## DATASET EXCERPTS
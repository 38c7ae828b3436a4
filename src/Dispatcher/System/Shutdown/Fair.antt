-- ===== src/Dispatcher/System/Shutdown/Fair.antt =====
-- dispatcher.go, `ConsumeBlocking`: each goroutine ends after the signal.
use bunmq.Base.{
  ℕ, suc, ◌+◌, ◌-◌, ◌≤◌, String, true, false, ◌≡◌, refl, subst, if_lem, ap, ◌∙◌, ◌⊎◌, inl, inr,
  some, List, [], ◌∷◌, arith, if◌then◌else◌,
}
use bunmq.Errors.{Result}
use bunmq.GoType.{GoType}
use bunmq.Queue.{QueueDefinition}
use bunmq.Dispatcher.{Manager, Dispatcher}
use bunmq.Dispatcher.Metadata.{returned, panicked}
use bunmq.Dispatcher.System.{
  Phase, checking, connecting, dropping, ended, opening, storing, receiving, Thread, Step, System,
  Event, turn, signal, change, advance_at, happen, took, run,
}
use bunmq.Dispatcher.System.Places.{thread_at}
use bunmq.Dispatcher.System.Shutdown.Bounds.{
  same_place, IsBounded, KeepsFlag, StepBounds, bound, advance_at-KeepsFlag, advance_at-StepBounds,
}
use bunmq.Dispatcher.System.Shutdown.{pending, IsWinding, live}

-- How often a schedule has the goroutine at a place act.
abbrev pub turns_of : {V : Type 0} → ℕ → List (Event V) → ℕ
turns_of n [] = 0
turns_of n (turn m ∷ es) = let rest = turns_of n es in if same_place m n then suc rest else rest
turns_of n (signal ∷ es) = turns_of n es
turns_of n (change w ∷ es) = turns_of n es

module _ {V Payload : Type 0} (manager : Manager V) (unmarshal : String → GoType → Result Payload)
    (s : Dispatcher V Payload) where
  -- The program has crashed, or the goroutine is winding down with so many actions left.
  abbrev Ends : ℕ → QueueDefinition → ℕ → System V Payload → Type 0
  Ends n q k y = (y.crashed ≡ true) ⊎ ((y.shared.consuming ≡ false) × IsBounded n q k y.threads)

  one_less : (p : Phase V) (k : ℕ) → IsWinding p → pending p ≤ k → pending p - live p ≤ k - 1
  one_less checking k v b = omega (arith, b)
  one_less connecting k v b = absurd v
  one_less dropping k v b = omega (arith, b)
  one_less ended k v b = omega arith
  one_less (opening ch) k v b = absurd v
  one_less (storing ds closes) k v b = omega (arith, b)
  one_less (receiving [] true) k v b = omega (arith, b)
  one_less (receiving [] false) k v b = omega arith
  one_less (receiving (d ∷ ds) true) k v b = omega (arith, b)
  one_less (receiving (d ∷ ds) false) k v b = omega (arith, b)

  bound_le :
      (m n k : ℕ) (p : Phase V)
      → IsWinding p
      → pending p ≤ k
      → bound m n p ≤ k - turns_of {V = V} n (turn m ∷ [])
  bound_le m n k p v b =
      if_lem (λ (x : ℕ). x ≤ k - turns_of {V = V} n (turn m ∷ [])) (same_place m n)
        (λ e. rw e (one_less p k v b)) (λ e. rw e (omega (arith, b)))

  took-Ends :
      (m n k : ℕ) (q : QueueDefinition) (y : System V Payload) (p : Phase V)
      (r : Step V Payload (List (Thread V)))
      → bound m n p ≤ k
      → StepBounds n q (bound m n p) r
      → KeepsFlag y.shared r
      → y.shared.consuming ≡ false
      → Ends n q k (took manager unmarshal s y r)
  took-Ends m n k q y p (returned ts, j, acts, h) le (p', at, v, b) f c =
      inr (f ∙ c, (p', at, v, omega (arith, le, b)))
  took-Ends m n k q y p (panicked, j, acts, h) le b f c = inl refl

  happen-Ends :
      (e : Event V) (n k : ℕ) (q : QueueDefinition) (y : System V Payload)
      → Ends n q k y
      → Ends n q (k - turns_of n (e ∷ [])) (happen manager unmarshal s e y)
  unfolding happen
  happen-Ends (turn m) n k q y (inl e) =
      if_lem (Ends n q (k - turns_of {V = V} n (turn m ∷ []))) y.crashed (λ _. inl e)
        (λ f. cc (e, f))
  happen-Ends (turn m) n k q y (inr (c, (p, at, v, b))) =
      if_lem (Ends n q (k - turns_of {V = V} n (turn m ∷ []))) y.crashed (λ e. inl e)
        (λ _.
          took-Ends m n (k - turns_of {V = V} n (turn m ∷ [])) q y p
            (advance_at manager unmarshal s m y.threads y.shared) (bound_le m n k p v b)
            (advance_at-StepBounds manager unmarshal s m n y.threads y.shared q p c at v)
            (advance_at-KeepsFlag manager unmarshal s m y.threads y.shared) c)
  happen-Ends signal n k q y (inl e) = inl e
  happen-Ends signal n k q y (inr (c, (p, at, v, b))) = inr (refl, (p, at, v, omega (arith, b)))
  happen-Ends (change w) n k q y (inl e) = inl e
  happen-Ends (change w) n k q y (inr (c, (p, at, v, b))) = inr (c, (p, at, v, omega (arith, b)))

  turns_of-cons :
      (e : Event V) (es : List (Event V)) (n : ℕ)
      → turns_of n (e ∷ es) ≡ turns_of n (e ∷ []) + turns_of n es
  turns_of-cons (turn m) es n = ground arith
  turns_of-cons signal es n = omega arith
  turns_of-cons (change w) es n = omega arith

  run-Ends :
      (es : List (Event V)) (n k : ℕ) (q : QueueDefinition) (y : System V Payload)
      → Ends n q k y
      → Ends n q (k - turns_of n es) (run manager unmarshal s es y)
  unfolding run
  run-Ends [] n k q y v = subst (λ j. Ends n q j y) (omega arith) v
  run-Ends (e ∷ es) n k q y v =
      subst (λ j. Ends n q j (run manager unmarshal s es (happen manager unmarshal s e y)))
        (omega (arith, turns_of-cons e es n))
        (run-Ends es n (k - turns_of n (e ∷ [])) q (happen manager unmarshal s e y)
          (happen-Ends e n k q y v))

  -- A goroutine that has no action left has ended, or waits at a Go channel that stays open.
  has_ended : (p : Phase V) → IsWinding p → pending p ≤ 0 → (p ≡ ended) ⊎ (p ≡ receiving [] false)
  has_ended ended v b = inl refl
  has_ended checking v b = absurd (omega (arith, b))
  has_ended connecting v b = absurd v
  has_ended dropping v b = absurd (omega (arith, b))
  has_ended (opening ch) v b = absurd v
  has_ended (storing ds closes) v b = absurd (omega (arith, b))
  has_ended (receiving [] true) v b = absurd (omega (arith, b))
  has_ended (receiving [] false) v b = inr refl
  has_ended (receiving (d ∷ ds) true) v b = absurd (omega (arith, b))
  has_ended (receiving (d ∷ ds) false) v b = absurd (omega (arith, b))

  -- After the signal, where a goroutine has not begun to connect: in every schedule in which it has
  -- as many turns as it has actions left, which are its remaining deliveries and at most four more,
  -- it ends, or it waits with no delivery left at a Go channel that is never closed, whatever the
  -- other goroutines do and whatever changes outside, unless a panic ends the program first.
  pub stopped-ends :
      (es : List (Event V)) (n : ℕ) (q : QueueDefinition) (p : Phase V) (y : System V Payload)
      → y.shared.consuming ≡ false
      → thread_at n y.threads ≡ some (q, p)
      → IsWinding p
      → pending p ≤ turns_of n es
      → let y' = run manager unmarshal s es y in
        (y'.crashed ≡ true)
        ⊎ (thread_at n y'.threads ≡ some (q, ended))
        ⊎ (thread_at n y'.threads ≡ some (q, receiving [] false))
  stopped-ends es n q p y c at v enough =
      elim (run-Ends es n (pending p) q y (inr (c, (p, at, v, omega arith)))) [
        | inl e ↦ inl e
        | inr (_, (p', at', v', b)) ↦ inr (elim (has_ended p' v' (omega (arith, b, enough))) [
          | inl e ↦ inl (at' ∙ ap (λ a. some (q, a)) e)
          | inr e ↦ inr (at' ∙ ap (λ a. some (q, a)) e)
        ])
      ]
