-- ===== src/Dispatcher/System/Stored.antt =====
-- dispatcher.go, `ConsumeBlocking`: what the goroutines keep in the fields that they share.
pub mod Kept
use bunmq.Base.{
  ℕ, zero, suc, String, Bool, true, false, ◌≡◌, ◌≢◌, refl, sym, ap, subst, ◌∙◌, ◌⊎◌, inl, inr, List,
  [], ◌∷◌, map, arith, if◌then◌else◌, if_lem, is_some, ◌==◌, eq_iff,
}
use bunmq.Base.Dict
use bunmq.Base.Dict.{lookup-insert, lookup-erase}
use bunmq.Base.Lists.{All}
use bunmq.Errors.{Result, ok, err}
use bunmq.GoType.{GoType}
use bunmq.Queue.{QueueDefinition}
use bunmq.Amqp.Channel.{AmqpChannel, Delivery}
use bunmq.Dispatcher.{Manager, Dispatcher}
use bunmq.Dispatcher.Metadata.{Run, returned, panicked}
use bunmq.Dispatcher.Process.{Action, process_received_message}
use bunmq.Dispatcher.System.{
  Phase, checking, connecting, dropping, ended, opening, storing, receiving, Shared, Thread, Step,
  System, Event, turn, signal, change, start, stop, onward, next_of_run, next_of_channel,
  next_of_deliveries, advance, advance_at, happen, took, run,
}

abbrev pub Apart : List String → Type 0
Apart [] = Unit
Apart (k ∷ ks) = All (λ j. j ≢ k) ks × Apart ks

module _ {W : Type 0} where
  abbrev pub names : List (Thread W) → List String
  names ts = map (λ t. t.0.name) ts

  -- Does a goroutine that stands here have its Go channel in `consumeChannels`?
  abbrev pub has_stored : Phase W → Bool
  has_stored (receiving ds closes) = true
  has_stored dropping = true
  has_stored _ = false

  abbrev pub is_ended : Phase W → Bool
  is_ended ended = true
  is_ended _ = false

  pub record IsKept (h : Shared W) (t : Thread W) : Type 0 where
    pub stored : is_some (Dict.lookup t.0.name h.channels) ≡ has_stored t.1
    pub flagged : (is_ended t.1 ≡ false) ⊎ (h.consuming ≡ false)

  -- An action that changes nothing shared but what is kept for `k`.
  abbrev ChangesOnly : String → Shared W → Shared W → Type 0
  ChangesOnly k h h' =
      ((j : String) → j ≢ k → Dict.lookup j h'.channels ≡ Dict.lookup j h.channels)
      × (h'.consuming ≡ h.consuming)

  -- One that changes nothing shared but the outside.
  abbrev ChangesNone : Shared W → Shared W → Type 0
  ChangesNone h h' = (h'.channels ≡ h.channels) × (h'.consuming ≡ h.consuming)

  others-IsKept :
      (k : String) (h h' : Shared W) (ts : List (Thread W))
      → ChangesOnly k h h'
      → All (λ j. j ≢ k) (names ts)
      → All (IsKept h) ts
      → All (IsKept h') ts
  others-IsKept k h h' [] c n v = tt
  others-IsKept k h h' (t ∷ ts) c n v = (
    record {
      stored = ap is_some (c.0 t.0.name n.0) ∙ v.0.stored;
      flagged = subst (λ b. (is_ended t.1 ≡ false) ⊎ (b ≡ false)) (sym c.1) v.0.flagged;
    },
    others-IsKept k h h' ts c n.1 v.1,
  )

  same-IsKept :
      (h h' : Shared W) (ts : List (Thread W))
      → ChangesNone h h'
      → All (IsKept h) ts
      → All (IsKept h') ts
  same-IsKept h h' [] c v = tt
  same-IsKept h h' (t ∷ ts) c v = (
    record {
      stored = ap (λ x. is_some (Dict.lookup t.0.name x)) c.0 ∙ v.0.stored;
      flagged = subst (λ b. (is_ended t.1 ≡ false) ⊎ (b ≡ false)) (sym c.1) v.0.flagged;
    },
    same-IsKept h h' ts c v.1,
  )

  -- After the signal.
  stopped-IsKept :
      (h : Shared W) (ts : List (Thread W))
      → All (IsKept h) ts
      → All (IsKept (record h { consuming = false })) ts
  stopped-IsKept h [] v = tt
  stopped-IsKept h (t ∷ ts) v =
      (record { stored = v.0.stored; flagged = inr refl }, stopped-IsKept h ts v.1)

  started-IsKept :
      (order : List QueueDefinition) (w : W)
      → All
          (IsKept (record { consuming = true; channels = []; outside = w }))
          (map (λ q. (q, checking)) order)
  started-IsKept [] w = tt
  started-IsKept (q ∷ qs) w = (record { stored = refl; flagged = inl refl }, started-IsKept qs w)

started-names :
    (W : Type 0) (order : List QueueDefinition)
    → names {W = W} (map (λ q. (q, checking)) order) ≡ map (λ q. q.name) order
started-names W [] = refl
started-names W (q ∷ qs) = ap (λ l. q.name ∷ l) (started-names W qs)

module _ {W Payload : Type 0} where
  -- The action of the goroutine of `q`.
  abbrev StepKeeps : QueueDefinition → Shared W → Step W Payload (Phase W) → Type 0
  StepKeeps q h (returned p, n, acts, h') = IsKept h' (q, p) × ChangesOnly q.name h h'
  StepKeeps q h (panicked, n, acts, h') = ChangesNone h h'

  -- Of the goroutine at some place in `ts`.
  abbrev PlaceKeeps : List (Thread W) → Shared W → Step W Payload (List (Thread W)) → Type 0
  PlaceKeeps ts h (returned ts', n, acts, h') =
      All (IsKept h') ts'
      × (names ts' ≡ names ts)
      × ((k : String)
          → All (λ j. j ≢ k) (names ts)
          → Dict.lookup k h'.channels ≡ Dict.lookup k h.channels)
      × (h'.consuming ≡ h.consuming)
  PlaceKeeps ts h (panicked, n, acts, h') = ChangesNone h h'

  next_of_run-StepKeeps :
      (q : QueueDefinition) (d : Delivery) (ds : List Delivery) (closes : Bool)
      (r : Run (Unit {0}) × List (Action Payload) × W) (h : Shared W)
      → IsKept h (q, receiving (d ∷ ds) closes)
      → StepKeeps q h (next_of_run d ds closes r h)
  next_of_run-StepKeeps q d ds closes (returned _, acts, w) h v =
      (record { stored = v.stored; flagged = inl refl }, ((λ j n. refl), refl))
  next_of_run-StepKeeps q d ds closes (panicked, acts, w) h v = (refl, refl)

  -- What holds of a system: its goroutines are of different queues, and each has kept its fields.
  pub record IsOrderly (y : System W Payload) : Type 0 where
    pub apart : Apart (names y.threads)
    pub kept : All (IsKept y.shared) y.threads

## TASK DETAILS
Each line from the one containing "started-IsKept (q ∷" to the end of the entries above should be copied exactly, and no other line.

## YOUR RESPONSE
  started-IsKept (q ∷ qs) w = (record { stored = refl; flagged = inl refl }, started-IsKept qs w)

started-names :
    (W : Type 0) (order : List QueueDefinition)
    → names {W = W} (map (λ q. (q, checking)) order) ≡ map (λ q. q.name) order
started-names W [] = refl
started-names W (q ∷ qs) = ap (λ l. q.name ∷ l) (started-names W qs)

module _ {W Payload : Type 0} where
  -- The action of the goroutine of `q`.
  abbrev StepKeeps : QueueDefinition → Shared W → Step W Payload (Phase W) → Type 0
  StepKeeps q h (returned p, n, acts, h') = IsKept h' (q, p) × ChangesOnly q.name h h'
  StepKeeps q h (panicked, n, acts, h') = ChangesNone h h'

  -- Of the goroutine at some place in `ts`.
  abbrev PlaceKeeps : List (Thread W) → Shared W → Step W Payload (List (Thread W)) → Type 0
  PlaceKeeps ts h (returned ts', n, acts, h') =
      All (IsKept h') ts'
      × (names ts' ≡ names ts)
      × ((k : String)
          → All (λ j. j ≢ k) (names ts)
          → Dict.lookup k h'.channels ≡ Dict.lookup k h.channels)
      × (h'.consuming ≡ h.consuming)
  PlaceKeeps ts h (panicked, n, acts, h') = ChangesNone h h'

  next_of_run-StepKeeps :
      (q : QueueDefinition) (d : Delivery) (ds : List Delivery) (closes : Bool)
      (r : Run (Unit {0}) × List (Action Payload) × W) (h : Shared W)
      → IsKept h (q, receiving (d ∷ ds) closes)
      → StepKeeps q h (next_of_run d ds closes r h)
  next_of_run-StepKeeps q d ds closes (returned _, acts, w) h v =
      (record { stored = v.stored; flagged = inl refl }, ((λ j n. refl), refl))
  next_of_run-StepKeeps q d ds closes (panicked, acts, w) h v = (refl, refl)

  -- What holds of a system: its goroutines are of different queues, and each has kept its fields.
  pub record IsOrderly (y : System W Payload) : Type 0 where
    pub apart : Apart (names y.threads)
    pub kept : All (IsKept y.shared) y.threads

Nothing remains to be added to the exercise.